Shelley Anna, Ph.D.
Vice Provost for Faculty, Carnegie Mellon University
Shelley Anna became the vice provost for faculty at Carnegie Mellon University on July 1, 2023. In this role, she provides counsel as a senior academic leader overseeing academic policies related to faculty affairs and offering support and resources to faculty and academic administrators across the university. She leads the Office of the Vice Provost for Faculty, which oversees a number of important programs, including: faculty appointment, review, retention and promotion; faculty professional development programs; the dual career program; diversity and inclusion programs for faculty; faculty leaves; and Incoming Faculty Orientation.
Anna joined CMU as a faculty member in 2003 in the College of Engineering (ENG). Prior to becoming vice provost for faculty, she was ENG’s associate dean for faculty and graduate affairs and strategic initiatives. As associate dean, Anna oversaw graduate and faculty affairs and advanced strategic priorities and new initiatives, including co-chairing ENG’s 2023 strategic plan development. In faculty affairs, Dr. Anna worked to ensure an equitable reappointment, promotion and tenure process and navigated the significant and lasting impacts of the COVID-19 pandemic on faculty development. Anna, in collaboration with Dr. Alaine Allen, ENG’s associate dean for diversity, equity and inclusion, and their counterparts at two other universities, won the National Science Foundation Alliances for Graduate Education and the Professoriate Project ELEVATE grant, which focuses on establishing an inclusive and equitable culture and infrastructure that supports faculty success.

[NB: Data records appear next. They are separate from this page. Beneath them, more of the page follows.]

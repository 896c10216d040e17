-- ===== src/Api/Faucet/Behind.antt =====
-- Claims of `handle_faucet` of src/main.rs between reads of the ledger through the cache of
-- src/types.rs: how far the cache may be behind.
use hancoin.Prelude.{
  ℕ, ◌≤◌, ◌≡◌, refl, sym, ap, ◌∙◌, String, List, [], ◌∷◌, some, arith, ◌⊎◌, eq_iff, Bool-cases,
  Option-cases, inl, inr, ◌==◌,
}
use hancoin.Machine.{Profile, Clock}
use hancoin.Stores.{peek-put}
use hancoin.Account.{Account}
use hancoin.Supply.{han_total_supply}
use hancoin.Ledger.{
  Stores, Ledger, Scan, stored, cached, new, read_cache, load, scan_cache, load_misses, get_account,
  get_accounts_batch,
}
use hancoin.Ledger.Cache.{SameData, read_cache_lem, load-SameData, load_value}
use hancoin.Ledger.Batch.{scan_cache_lem}
use hancoin.Api.{Outcome, reply, reject, panic}
use hancoin.Api.Faucet.{FaucetReply, claim}
use hancoin.Api.Faucet.Others.{cache-claim}
use hancoin.Api.Faucet.Money.{balance_of, IsBacked, balance_of-le, IsBacked-same, SameMoney}
use hancoin.Api.Faucet.Issue.{Claimed, claim_lem, claim-IsBacked, new-IsBacked}

-- A claim, at a time, or a read through the cache.
pub data Use : Type 0 where
  claims : (id : String) (now : ℕ) (created : Clock) → Use
  reads : (id : String) → Use
  reads_many : (ids : List String) → Use

module _ (S : Stores) (profile : Profile) where
  unfoldable pub apply : Ledger S → Use → Ledger S
  apply l (claims id now created) = (claim S profile l id now created).1
  apply l (reads id) = (get_account S l id).1
  apply l (reads_many ids) = (get_accounts_batch S l ids).1

  unfoldable pub apply_all : Ledger S → List Use → Ledger S
  apply_all l [] = l
  apply_all l (u ∷ us) = apply_all (apply l u) us

  -- The money is backed, and no account has more in the cache than in the map.
  record IsBehind (l : Ledger S) : Type 0 where
    backed : IsBacked S l
    at_id : (id : String) (a : Account) → cached S l id ≡ some a → a.balance ≤ balance_of S l id

  same_money : {l k : Ledger S} → SameData S l k → SameMoney S l k
  same_money d = record {
    issued = d.issued;
    balances = λ id. ground (arith, ap (λ m. S.accounts.get m id) d.accounts);
  }

  -- The same data, and nothing in the cache but what was there or is stored.
  IsBehind-read :
      (l k : Ledger S)
      → SameData S l k
      → ((id : String) (a : Account)
          → cached S k id ≡ some a
          → (cached S l id ≡ some a) ⊎ (stored S l id ≡ some a))
      → IsBehind l
      → IsBehind k
  IsBehind-read l k d c v = record {
    backed = IsBacked-same S l k (same_money d) v.backed;
    at_id = λ id a e. elim (c id a e) [
      | inl old ↦ omega (arith, (same_money d).balances id, v.at_id id a old)
      | inr loaded ↦ ground (arith, (same_money d).balances id, loaded)
    ];
  }

  read_cache-IsBehind : (l : Ledger S) (id : String) → IsBehind l → IsBehind (read_cache S l id).1
  read_cache-IsBehind l id v =
      let r = read_cache_lem S l id in IsBehind-read l _ r.1 (λ j a e. inl (sym (r.2 j) ∙ e)) v

  load-cases :
      (l : Ledger S) (id j : String) (a : Account)
      → cached S (load S l id).1 j ≡ some a
      → (cached S l j ≡ some a) ⊎ (stored S l j ≡ some a)
  unfolding load
  load-cases l id j a e = elim (Option-cases (S.accounts.get l.accounts id)) [
    | inl missing ↦ inl (ground (arith, missing, e))
    | inr (b, found) ↦ elim (peek-put S.cache l.cache id j b a (ground (arith, found, e))) [
      | inl (same, value) ↦ inr (ground (arith, found, same, value))
      | inr old ↦ inl old
    ]
  ]

  load-IsBehind : (l : Ledger S) (id : String) → IsBehind l → IsBehind (load S l id).1
  load-IsBehind l id v = IsBehind-read l _ (load-SameData S l id) (load-cases l id) v

  get_account-IsBehind : (l : Ledger S) (id : String) → IsBehind l → IsBehind (get_account S l id).1
  unfolding get_account
  get_account-IsBehind l id v = elim (Option-cases (read_cache S l id).0) [
    | inl miss ↦ rw (miss, get_account) (load-IsBehind _ id (read_cache-IsBehind l id v))
    | inr (a, hit) ↦ rw (hit, get_account) (read_cache-IsBehind l id v)
  ]

  load_misses-IsBehind :
      (l : Ledger S) (ids : List String) (result : List (String × Account))
      → IsBehind l
      → IsBehind (load_misses S result l ids).1
  unfolding load_misses
  load_misses-IsBehind l [] result v = v
  load_misses-IsBehind l (id ∷ ids) result v =
      load_misses-IsBehind (load S l id).1 ids _ (load-IsBehind l id v)

  get_accounts_batch-IsBehind :
      (l : Ledger S) (ids : List String) → IsBehind l → IsBehind (get_accounts_batch S l ids).1
  unfolding get_accounts_batch
  get_accounts_batch-IsBehind l ids v =
      let s : Scan S = record { result = []; cache_miss = []; ledger = l } in
      let r = scan_cache_lem S s ids in
      load_misses-IsBehind (scan_cache S s ids).ledger _ _
        (IsBehind-read l _ r.data_same (λ j a e. inl (sym (r.cache_same j) ∙ e)) v)

  -- A claim takes nothing from any account.
  balance_of-grows :
      (l k : Ledger S) (id j : String) (now : ℕ) (o : Outcome FaucetReply)
      → Claimed S l id now o k
      → balance_of S l j ≤ balance_of S k j
  balance_of-grows l k id j now (reply a) c = elim (Bool-cases (id == j)) [
    | inl same ↦ ground (arith, eq_iff id j, c.2.credited.balance)
    | inr other ↦ omega (arith, c.2.credited.others j other)
  ]
  balance_of-grows l k id j now (reject e) c = omega (arith, c.balances j)
  balance_of-grows l k id j now panic c = omega (arith, c.balances j)

  claim-IsBehind :
      (l : Ledger S) (id : String) (now : ℕ) (created : Clock)
      → IsBehind l
      → IsBehind (claim S profile l id now created).1
  claim-IsBehind l id now created v = record {
    backed = claim-IsBacked S profile l id now created v.backed;
    at_id = λ j a e.
        let old = ap (λ c. S.cache.peek c j) (sym (cache-claim S profile l id now created)) ∙ e in
        omega (
          arith,
          v.at_id j a old,
          balance_of-grows l _ id j now _ (claim_lem S profile l id now created v.backed),
        );
  }

  apply-IsBehind : (l : Ledger S) (u : Use) → IsBehind l → IsBehind (apply l u)
  unfolding apply
  apply-IsBehind l (claims id now created) v = claim-IsBehind l id now created v
  apply-IsBehind l (reads id) v = get_account-IsBehind l id v
  apply-IsBehind l (reads_many ids) v = get_accounts_batch-IsBehind l ids v

  apply_all-IsBehind : (l : Ledger S) (us : List Use) → IsBehind l → IsBehind (apply_all l us)
  unfolding apply_all
  apply_all-IsBehind l [] v = v
  apply_all-IsBehind l (u ∷ us) v = apply_all-IsBehind (apply l u) us (apply-IsBehind l u v)

  new-IsBehind : IsBehind (new S)
  unfolding new
  new-IsBehind = record {
    backed = new-IsBacked S;
    at_id = λ id a e. ground (arith, S.cache.peek_empty id);
  }

  -- What `get_account` answers is in the cache or in the map.
  get_account-cases :
      (l : Ledger S) (id : String) (a : Account)
      → (get_account S l id).0 ≡ some a
      → (cached S l id ≡ some a) ⊎ (stored S l id ≡ some a)
  unfolding get_account
  get_account-cases l id a e =
      let r = read_cache_lem S l id in
      let k : Ledger S = (read_cache S l id).1 in
      elim (Option-cases (read_cache S l id).0) [
        | inl miss ↦
            let answer : (get_account S l id).0 ≡ (load S k id).0 = rw (miss, get_account) refl in
            inr (
              ap (λ m. S.accounts.get m id) (sym r.1.accounts)
              ∙ sym (load_value S k id)
              ∙ sym answer
              ∙ e)
        | inr (b, hit) ↦
            let answer : (get_account S l id).0 ≡ some b = rw (hit, get_account) refl in
            inl (sym r.0 ∙ hit ∙ sym answer ∙ e)
      ]

  -- From a new ledger, whatever claims and reads through the cache come in whatever order and at
  -- whatever times, `get_account` never answers an account with more than it has, which is no more than
  -- was issued, which is no more than the supply.
  pub never_overstated :
      (us : List Use) (id : String) (a : Account)
      → (get_account S (apply_all (new S) us) id).0 ≡ some a
      → (a.balance ≤ balance_of S (apply_all (new S) us) id)
        × (balance_of S (apply_all (new S) us) id ≤ (apply_all (new S) us).issued)
        × ((apply_all (new S) us).issued ≤ han_total_supply)
  never_overstated us id a e =
      let l : Ledger S = apply_all (new S) us in
      let v = apply_all-IsBehind (new S) us new-IsBehind in
      let below : a.balance ≤ balance_of S l id = elim (get_account-cases l id a e) [
        | inl hit ↦ v.at_id id a hit
        | inr loaded ↦ ground (arith, loaded)
      ] in
      (below, balance_of-le S l id v.backed, v.backed.within)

Among her awards, Anna is the recipient of a 2005 NSF CAREER award, the 2006 George Tallman Ladd Research Award from the College of Engineering at Carnegie Mellon, and a 2012 Honorable Mention for a Carnegie Science Award in the category of Emerging Female Scientist. She received the Russel V. Trader Career Faculty Fellowship in Mechanical Engineering in 2011. Anna has published several highly cited papers, has had her technologies adopted commercially and is recognized as a fellow of the American Physical Society.
Anna is a professor of chemical engineering and holds courtesy appointments in the Department of Mechanical Engineering and the Department of Physics. She received her bachelor’s degree in physics from Carnegie Mellon, and master’s and doctoral degrees in engineering science from Harvard University.